Task to complete:
Give again, unaltered, the lines of the listing below that run from the line having "load_key p = at p λ h. ok (h.key p) h" through the line having "pub store_list : Ptr".

Data supplied:

══════════════════════════════

-- ===== src/Permissions.antt =====
-- service/runtime_permissions.py with schema/runtime_permissions.py: a tool call waits until the
-- user decides on it. `require_permission` runs in two parts, before and after its wait, and other
-- calls come between them. UUIDs and instants are numbers, in seconds. Writes to the audit file and
-- to the rules are taken to succeed; the source drops an audit line that cannot be written. The
-- times of audit lines are left out, and the agent's name, which the source fills with its code.
pub mod Decisions
pub mod Rules
pub mod Tests
use zj_cyber_workbench.Prelude.{
  ltb, if◌then◌else◌, string_eq, ◌==◌, nat_eq, not, ◌&&◌, length, filter, any, first_where,
  update_where, ℕ, ◌+◌, String, Bool, true, false, Option, none, some, List, [], ◌∷◌, ◌++◌, map,
}
use zj_cyber_workbench.Json.{Json}
use zj_cyber_workbench.Policy.{RiskLevel}

pub data PermissionMode : Type 0 where
  normal full_access : PermissionMode

pub data PermissionDecision : Type 0 where
  reject allow_once always_allow : PermissionDecision

pub data PermissionStatus : Type 0 where
  pending allowed rejected expired : PermissionStatus

-- The part of an agent's context that the permissions read.
pub record AgentContext : Type 0 where
  pub session_id : String
  pub agent_code : String
  pub user_id : ℕ

pub record PermissionRequest : Type 0 where
  pub id : ℕ
  pub context : AgentContext
  pub action_type : String
  pub target : String
  pub reason : String
  pub risk_level : RiskLevel
  pub details : Json
  pub status : PermissionStatus
  pub created_at : ℕ
  pub expires_at : ℕ

-- `_PendingPermission`: its event is set exactly when it has a decision.
pub record PendingPermission : Type 0 where
  pub request : PermissionRequest
  pub decision : Option PermissionDecision

pub record PermissionRule : Type 0 where
  pub action_type : String
  pub target : String
  pub created_at : ℕ

pub record AuditLine : Type 0 where
  pub context : AgentContext
  pub action_type : String
  pub target : String
  pub effect : String
  pub source : String

pub record Permissions : Type 0 where
  pub mode : PermissionMode
  pub approval_timeout_seconds : ℕ
  pub rules : List PermissionRule
  pub waiting : List PendingPermission
  pub audit : List AuditLine

pub data PermissionError : Type 0 where
  timed_out user_rejected : PermissionError

-- What `require_permission` ends with: `granted none` is its bare `return`.
pub data Answer : Type 0 where
  granted : Option PermissionDecision → Answer
  refused : PermissionError → Answer
  waits : Answer

abbrev pub is_full_access : PermissionMode → Bool
is_full_access full_access = true
is_full_access normal = false

abbrev pub covers : (action_type target : String) → PermissionRule → Bool
covers action_type target rule = rule.action_type == action_type && rule.target == target

unfoldable pub rule_matches : (action_type target : String) → List PermissionRule → Bool
rule_matches action_type target rules = any (covers action_type target) rules

unfoldable pub add_rule :
    (action_type target : String) → (now : ℕ) → List PermissionRule → List PermissionRule
add_rule action_type target now rules =
    if rule_matches action_type target rules
    then rules
    else rules ++ (record { action_type = action_type; target = target; created_at = now } ∷ [])

abbrev pub write_audit : PermissionRequest → (effect source : String) → Permissions → Permissions
write_audit request effect source st = record st {
  audit =
      st.audit
      ++ (record {
        context = request.context;
        action_type = request.action_type;
        target = request.target;
        effect = effect;
        source = source;
      }
          ∷ []);
}

-- `require_permission`, up to its wait, for the request that it would make.
unfoldable pub require_permission : PermissionRequest → Permissions → Answer × Permissions
require_permission request st =
    let asked = record request {
      status = pending;
      expires_at = request.created_at + st.approval_timeout_seconds;
    } in
    if is_full_access st.mode
    then (granted none, st)
    else if rule_matches request.action_type request.target st.rules
    then (granted (some always_allow), write_audit request "allow" "always_allow" st)
    else (
      waits,
      record st { waiting = st.waiting ++ (record { request = asked; decision = none } ∷ []) },
    )

abbrev pub has_request_id : ℕ → PendingPermission → Bool
has_request_id request_id p = p.request.id == request_id

abbrev pub get_pending : ℕ → Permissions → Option PendingPermission
get_pending request_id st = first_where (has_request_id request_id) st.waiting

-- `_pending.pop(request.id, None)`
unfoldable pub pop_pending : ℕ → Permissions → Permissions
pop_pending request_id st = record st {
  waiting = filter (λ p. not (has_request_id request_id p)) st.waiting;
}

abbrev pub decision_text : PermissionDecision → String
decision_text reject = "reject"
decision_text allow_once = "allow_once"
decision_text always_allow = "always_allow"

unfoldable pub answer_decision :
    PermissionRequest → Option PermissionDecision → Permissions → Answer × Permissions
answer_decision request (some allow_once) st =
    (granted (some allow_once), write_audit request "allow" "allow_once" st)
answer_decision request (some always_allow) st =
    (granted (some always_allow), write_audit request "allow" "always_allow" st)
answer_decision request _ st =
    (refused user_rejected, write_audit request "deny" "user_rejected" st)

-- `require_permission` after its wait. The wait has ended by its timeout or by the event.
unfoldable pub resume_permission :
    PendingPermission → (timeout : Bool) → Permissions → Answer × Permissions
resume_permission p timeout st =
    let popped = pop_pending p.request.id st in
    if timeout
    then (refused timed_out, write_audit p.request "deny" "expired" popped)
    else if is_full_access st.mode
    then (granted none, popped)
    else answer_decision p.request p.decision popped

-- `list_pending`, without the order, which is by creation.
unfoldable pub list_pending : (requester_id now : ℕ) → Permissions → List PermissionRequest
list_pending requester_id now st =
    map (λ p. p.request)
      (filter (λ p. p.request.context.user_id == requester_id && ltb now p.request.expires_at)
        st.waiting)

abbrev pub is_always_allow : PermissionDecision → Bool
is_always_allow always_allow = true
is_always_allow _ = false

abbrev pub status_of : PermissionDecision → PermissionStatus
status_of reject = rejected
status_of _ = allowed

abbrev pub with_decision : PermissionDecision → PendingPermission → PendingPermission
with_decision decision p = record {
  request = record p.request { status = status_of decision };
  decision = some decision;
}

unfoldable pub decide_found :
    PendingPermission
    → (requester_id : ℕ) → PermissionDecision
    → (now : ℕ) → Permissions
    → Option PermissionRequest × Permissions
decide_found p requester_id decision now st =
    if not (p.request.context.user_id == requester_id) then (none, st) else (
      some (with_decision decision p).request,
      record st {
        rules =
            if is_always_allow decision
            then add_rule p.request.action_type p.request.target now st.rules
            else st.rules;
        waiting = update_where (has_request_id p.request.id) (with_decision decision) st.waiting;
      },
    )

-- `none` is the error for a request that is unknown or of another user.
unfoldable pub decide_pending :
    Option PendingPermission
    → (requester_id : ℕ) → PermissionDecision
    → (now : ℕ) → Permissions
    → Option PermissionRequest × Permissions
decide_pending none requester_id decision now st = (none, st)
decide_pending (some p) requester_id decision now st = decide_found p requester_id decision now st

unfoldable pub decide :
    (request_id requester_id : ℕ)
    → PermissionDecision
    → (now : ℕ) → Permissions
    → Option PermissionRequest × Permissions
decide request_id requester_id decision now st =
    decide_pending (get_pending request_id st) requester_id decision now st

unfoldable pub update_mode : PermissionMode → Permissions → Permissions
update_mode mode st = record st {
  mode = mode;
  waiting = if is_full_access mode then map (with_decision allow_once) st.waiting else st.waiting;
}

unfoldable pub clear_rules : Permissions → ℕ × Permissions
clear_rules st = (length st.rules, record st { rules = [] })
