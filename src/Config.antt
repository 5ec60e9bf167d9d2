-- ===== src/Config.antt =====
-- internal/config/config.go: the configuration and its validation. A `time.Duration` is a number of
-- nanoseconds. That the file and the environment are read is left out.
pub mod Capacity
pub mod Load
use wb_l.Base.{Bool, List, none, some, ◌||◌, not, Option, if◌then◌else◌}
use wb_l.Base.Int.{ℤ, pos, ltb_ℤ}
use wb_l.Base.Text.{Text, is_nil}

pub record ServerConfig : Type 0 where
  pub port : ℤ
  pub read_timeout : ℤ
  pub write_timeout : ℤ
  pub idle_timeout : ℤ

pub record RetryConfig : Type 0 where
  pub max_attempts : ℤ

pub record DatabaseConfig : Type 0 where
  pub host : Text
  pub port : ℤ
  pub user : Text
  pub password : Text
  pub database : Text
  pub ssl_mode : Text
  pub max_open_connections : ℤ
  pub min_open_connections : ℤ
  pub min_idle_connections : ℤ
  pub health_check_period : ℤ
  pub retry : RetryConfig

pub record KafkaConfig : Type 0 where
  pub topic : Text
  pub group_id : Text
  pub listeners : Text
  pub advertised_listeners : List Text

pub record CacheConfig : Type 0 where
  pub capacity : ℤ

pub record CircuitBreakerConfig : Type 0 where
  pub max_failers : ℤ
  pub timeout : ℤ
  pub half_open_max_calls : ℤ

pub record Config : Type 0 where
  pub server : ServerConfig
  pub database : DatabaseConfig
  pub kafka : KafkaConfig
  pub cache : CacheConfig
  pub circuit_breaker : CircuitBreakerConfig

pub data ConfigError : Type 0 where
  invalid_database_port invalid_server_port : ℤ → ConfigError
  no_database_host capacity_not_positive : ConfigError

-- `port <= 0 || port > 65535`
abbrev pub bad_port : ℤ → Bool
bad_port port = not (ltb_ℤ (pos 0) port) || ltb_ℤ (pos 65535) port

-- `(*Config).Validate`
unfoldable pub config_validate : Config → Option ConfigError
config_validate c =
    if bad_port c.database.port
    then some (invalid_database_port c.database.port)
    else if is_nil c.database.host
    then some no_database_host
    else if bad_port c.server.port
    then some (invalid_server_port c.server.port)
    else if not (ltb_ℤ (pos 0) c.cache.capacity)
    then some capacity_not_positive
    else none
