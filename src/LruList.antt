-- ===== src/LruList.antt =====
-- internal/cache/lru_cache/list/lru_list.go: a doubly linked ring with a sentinel, over an explicit
-- heap. A pointer is a number and `nil` is 0. The heap is one map for each field of
-- `LRUListNode`, so `h.next p` is `p.next` in the memory `h`. A list is known by its address, which is
-- also the address of its first field `root`; `h.len l` is its field `len`. Memory is only
-- allocated, from `h.top` upwards, as Go frees nothing that is reachable. Each method is one
-- critical section of its mutex, as in the source, but for `pushFront` (see Race).
pub mod Code
pub mod Ring
pub mod Nodes
pub mod Rep
pub mod Ops
pub mod Fresh
pub mod Methods
pub mod Moves
pub mod Race
use wb_l.Base.{ℕ, ◌+◌, ◌-◌, Bool, not, ◌||◌, Option, none, some, ◌==◌, if◌then◌else◌}

abbrev pub Ptr : Type 0
Ptr = ℕ

abbrev pub nil : Ptr
nil = 0

pub record Heap {ℓ} (K V : Type ℓ) : Type ℓ where
  pub next : Ptr → Ptr
  pub prev : Ptr → Ptr
  pub list : Ptr → Ptr
  pub key : Ptr → K
  pub value : Ptr → V
  pub len : Ptr → ℕ
  pub top : Ptr

-- A run ends in a value and the memory, or in a run-time panic (a nil pointer is dereferenced).
pub data Run {ℓ κ} (K V : Type ℓ) (A : Type κ) : Type (ℓ ⊔ κ) where
  ok : A → Heap K V → Run K V A
  panic : Run K V A

-- The three errors of the package, and the `(value, error)` pairs of its methods.
pub data ListError : Type 0 where
  root_error not_in_list_error list_elem_error : ListError

pub data Result {κ} (A : Type κ) : Type κ where
  success : A → Result A
  failure : ListError → Result A

-- A store into one field of one address.
abbrev pub update {ℓ} : {A : Type ℓ} → (Ptr → A) → Ptr → A → Ptr → A
update f p v q = if p == q then v else f q

abbrev pub Cmd {ℓ κ} : (K V : Type ℓ) → Type κ → Type (ℓ ⊔ κ)
Cmd K V A = Heap K V → Run K V A

-- `n, _ := …; return n`: the error is dropped, and the pointer is nil then.
abbrev pub pointer_of : Result Ptr → Ptr
pointer_of (success p) = p
pointer_of (failure e) = nil

-- `_, err = …; return err`
abbrev pub error_of : Result Ptr → Option ListError
error_of (success p) = none
error_of (failure e) = some e

module _ {ℓ} {K V : Type ℓ} where
  abbrev pub pure {κ} : {A : Type κ} → A → Cmd K V A
  pure a h = ok a h

  abbrev pub and_then {κ μ} : {A : Type κ} {B : Type μ} → Run K V A → (A → Cmd K V B) → Run K V B
  and_then (ok a h) k = k a h
  and_then panic k = panic

  infixl 5 ◌>>=◌ ◌>>◌
  abbrev pub ◌>>=◌ {κ μ} : {A : Type κ} {B : Type μ} → Cmd K V A → (A → Cmd K V B) → Cmd K V B
  m >>= k = λ h. and_then (m h) k

  abbrev pub ◌>>◌ {κ μ} : {A : Type κ} {B : Type μ} → Cmd K V A → Cmd K V B → Cmd K V B
  m >> n = m >>= λ _. n

  -- A field is read or written through a pointer, and a nil pointer panics.
  abbrev pub at {κ} : {A : Type κ} → Ptr → Cmd K V A → Cmd K V A
  at p m h = if p == nil then panic else m h

  pub load_next : Ptr → Cmd K V Ptr
  load_next p = at p λ h. ok (h.next p) h

  pub load_prev : Ptr → Cmd K V Ptr
  load_prev p = at p λ h. ok (h.prev p) h

  pub load_list : Ptr → Cmd K V Ptr
  load_list p = at p λ h. ok (h.list p) h

  unfoldable pub load_key : Ptr → Cmd K V K
  load_key p = at p λ h. ok (h.key p) h

  unfoldable pub load_value : Ptr → Cmd K V V
  load_value p = at p λ h. ok (h.value p) h

  pub store_next : Ptr → Ptr → Cmd K V (Unit {0})
  store_next p q = at p λ h. ok tt (record h { next = update h.next p q })

  pub store_prev : Ptr → Ptr → Cmd K V (Unit {0})
  store_prev p q = at p λ h. ok tt (record h { prev = update h.prev p q })

  pub store_list : Ptr → Ptr → Cmd K V (Unit {0})
  store_list p l = at p λ h. ok tt (record h { list = update h.list p l })

  pub store_key : Ptr → K → Cmd K V (Unit {0})
  store_key p k = at p λ h. ok tt (record h { key = update h.key p k })

  pub store_value : Ptr → V → Cmd K V (Unit {0})
  store_value p v = at p λ h. ok tt (record h { value = update h.value p v })

  pub load_len : Ptr → Cmd K V ℕ
  load_len l = at l λ h. ok (h.len l) h

  pub store_len : Ptr → ℕ → Cmd K V (Unit {0})
  store_len l n = at l λ h. ok tt (record h { len = update h.len l n })

  -- `&T{}`: the next address.
  pub alloc : Cmd K V Ptr
  alloc h = ok h.top (record h { top = h.top + 1 })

══════════════════════════════

Written response:
  load_key p = at p λ h. ok (h.key p) h

  unfoldable pub load_value : Ptr → Cmd K V V
  load_value p = at p λ h. ok (h.value p) h

  pub store_next : Ptr → Ptr → Cmd K V (Unit {0})
  store_next p q = at p λ h. ok tt (record h { next = update h.next p q })

  pub store_prev : Ptr → Ptr → Cmd K V (Unit {0})
  store_prev p q = at p λ h. ok tt (record h { prev = update h.prev p q })

  pub store_list : Ptr → Ptr → Cmd K V (Unit {0})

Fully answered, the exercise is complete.